TO DO:
Nothing but the lines from the line with "spared : (o" to the end of the records below should appear in the answer, each exactly as given.

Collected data
++++

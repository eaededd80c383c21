-- ===== src/Db/Job/Spared.antt =====
-- The sweep at a restart spares the jobs that are not in flight, whether it succeeds or not:
-- crates/paavo-db/src/job.rs, `abort_interrupted_jobs`.
use paavo.Prelude.{
  ℕ, ◌≤◌, ◌==◌, ltb, ◌≡◌, subst, false, List, [], ◌∷◌, Memᴰ, arith, All, All-of_mem, Bool-cases,
  inl, inr, rows_where, count_where, mem-rows_where, count_where_unique, mem-update_where_kept,
  length,
}
use paavo.Proto.Job.{JobId}
use paavo.Db.Store.{Database, JobRow, Result, ok, err, panicked, Result-cases}
use paavo.Db.Job.{has_id}
use paavo.Db.Job.Queries.{read_next_seq}
use paavo.Db.Job.Restart.{
  is_in_flight, interrupt_row, interrupt_one, interrupt_with, interrupt_all, interrupted_frame,
  same_key, after_read, abort_interrupted_jobs, commit,
}

module _ (row : JobRow) (now_ms : ℕ) where
  interrupt_with-mem :
      (o : JobRow) (n : ℕ) (db : Database)
      → has_id o.id row ≡ false
      → Memᴰ row db.jobs
      → Memᴰ row (interrupt_with o now_ms n db).0.jobs
  unfolding interrupt_with
  interrupt_with-mem o n db other m =
      elim (Bool-cases (ltb 0 (count_where (same_key (interrupted_frame o now_ms n)) db.frames))) [
        | inl taken ↦ rw taken m
        | inr free ↦ rw free (elim (Bool-cases (count_where (has_id o.id) db.jobs == 0)) [
          | inl missing ↦ rw missing m
          | inr present ↦
              rw present
                (mem-update_where_kept (has_id o.id) (interrupt_row now_ms) db.jobs m other)
        ])
      ]

  interrupt_one-mem :
      (o : JobRow) (db : Database)
      → has_id o.id row ≡ false
      → Memᴰ row db.jobs
      → Memᴰ row (interrupt_one o now_ms db).0.jobs
  unfolding interrupt_one
  interrupt_one-mem o db other m = read (read_next_seq o.id db.frames)
    where
      read : (r : Result ℕ) → Memᴰ row (after_read db r (λ n. interrupt_with o now_ms n db)).0.jobs
      read (ok n) = interrupt_with-mem o n db other m
      read (err e) = m
      read (panicked why) = m

  interrupt_all-mem :
      (rows : List JobRow) (db : Database)
      → All (λ (o : JobRow). has_id o.id row ≡ false) rows
      → Memᴰ row db.jobs
      → Memᴰ row (interrupt_all rows now_ms db).0.jobs
  unfolding interrupt_all
  interrupt_all-mem [] db others m = m
  interrupt_all-mem (o ∷ os) db others m =
      let kept = interrupt_one-mem o db others.0 m in
      elim (Result-cases (interrupt_one o now_ms db).1) [
        | inl (u, e) ↦
            rw (e, interrupt_all) (interrupt_all-mem os (interrupt_one o now_ms db).0 others.1 kept)
        | inr (inl (why, e)) ↦ rw (e, interrupt_all) kept
        | inr (inr (why, e)) ↦ rw (e, interrupt_all) kept
      ]

  commit-mem :
      (db : Database) (n : ℕ) (r : Database × Result (Unit {0}))
      → Memᴰ row db.jobs
      → Memᴰ row r.0.jobs
      → Memᴰ row (commit db n r).0.jobs
  commit-mem db n (after, ok u) m k = k
  commit-mem db n (after, err e) m k = m
  commit-mem db n (after, panicked why) m k = m

  pub abort_interrupted_jobs-mem :
      (db : Database)
      → ((id : JobId) → count_where (has_id id) db.jobs ≤ 1)
      → is_in_flight row ≡ false
      → Memᴰ row db.jobs
      → Memᴰ row (abort_interrupted_jobs now_ms db).0.jobs
  unfolding abort_interrupted_jobs
  abort_interrupted_jobs-mem db unique rests m =
      let orphans = rows_where is_in_flight db.jobs in
      commit-mem db (length orphans) (interrupt_all orphans now_ms db) m
        (interrupt_all-mem orphans db (All-of_mem _ orphans spared) m)
    where
      spared : (o : JobRow) → Memᴰ o (rows_where is_in_flight db.jobs) → has_id o.id row ≡ false
      spared o k = elim (Bool-cases (has_id o.id row)) [
        | inr other ↦ other
        | inl same ↦
            let (queued, flies) = mem-rows_where is_in_flight db.jobs k in
            let eq : row ≡ o =
              count_where_unique (has_id o.id) db.jobs (unique o.id) m same queued (ground arith) in
            absurd (cc (flies, subst (λ r. is_in_flight r ≡ false) eq rests))
      ]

++++

EXERCISE ANSWER:
      spared : (o : JobRow) → Memᴰ o (rows_where is_in_flight db.jobs) → has_id o.id row ≡ false
      spared o k = elim (Bool-cases (has_id o.id row)) [
        | inr other ↦ other
        | inl same ↦
            let (queued, flies) = mem-rows_where is_in_flight db.jobs k in
            let eq : row ≡ o =
              count_where_unique (has_id o.id) db.jobs (unique o.id) m same queued (ground arith) in
            absurd (cc (flies, subst (λ r. is_in_flight r ≡ false) eq rests))
      ]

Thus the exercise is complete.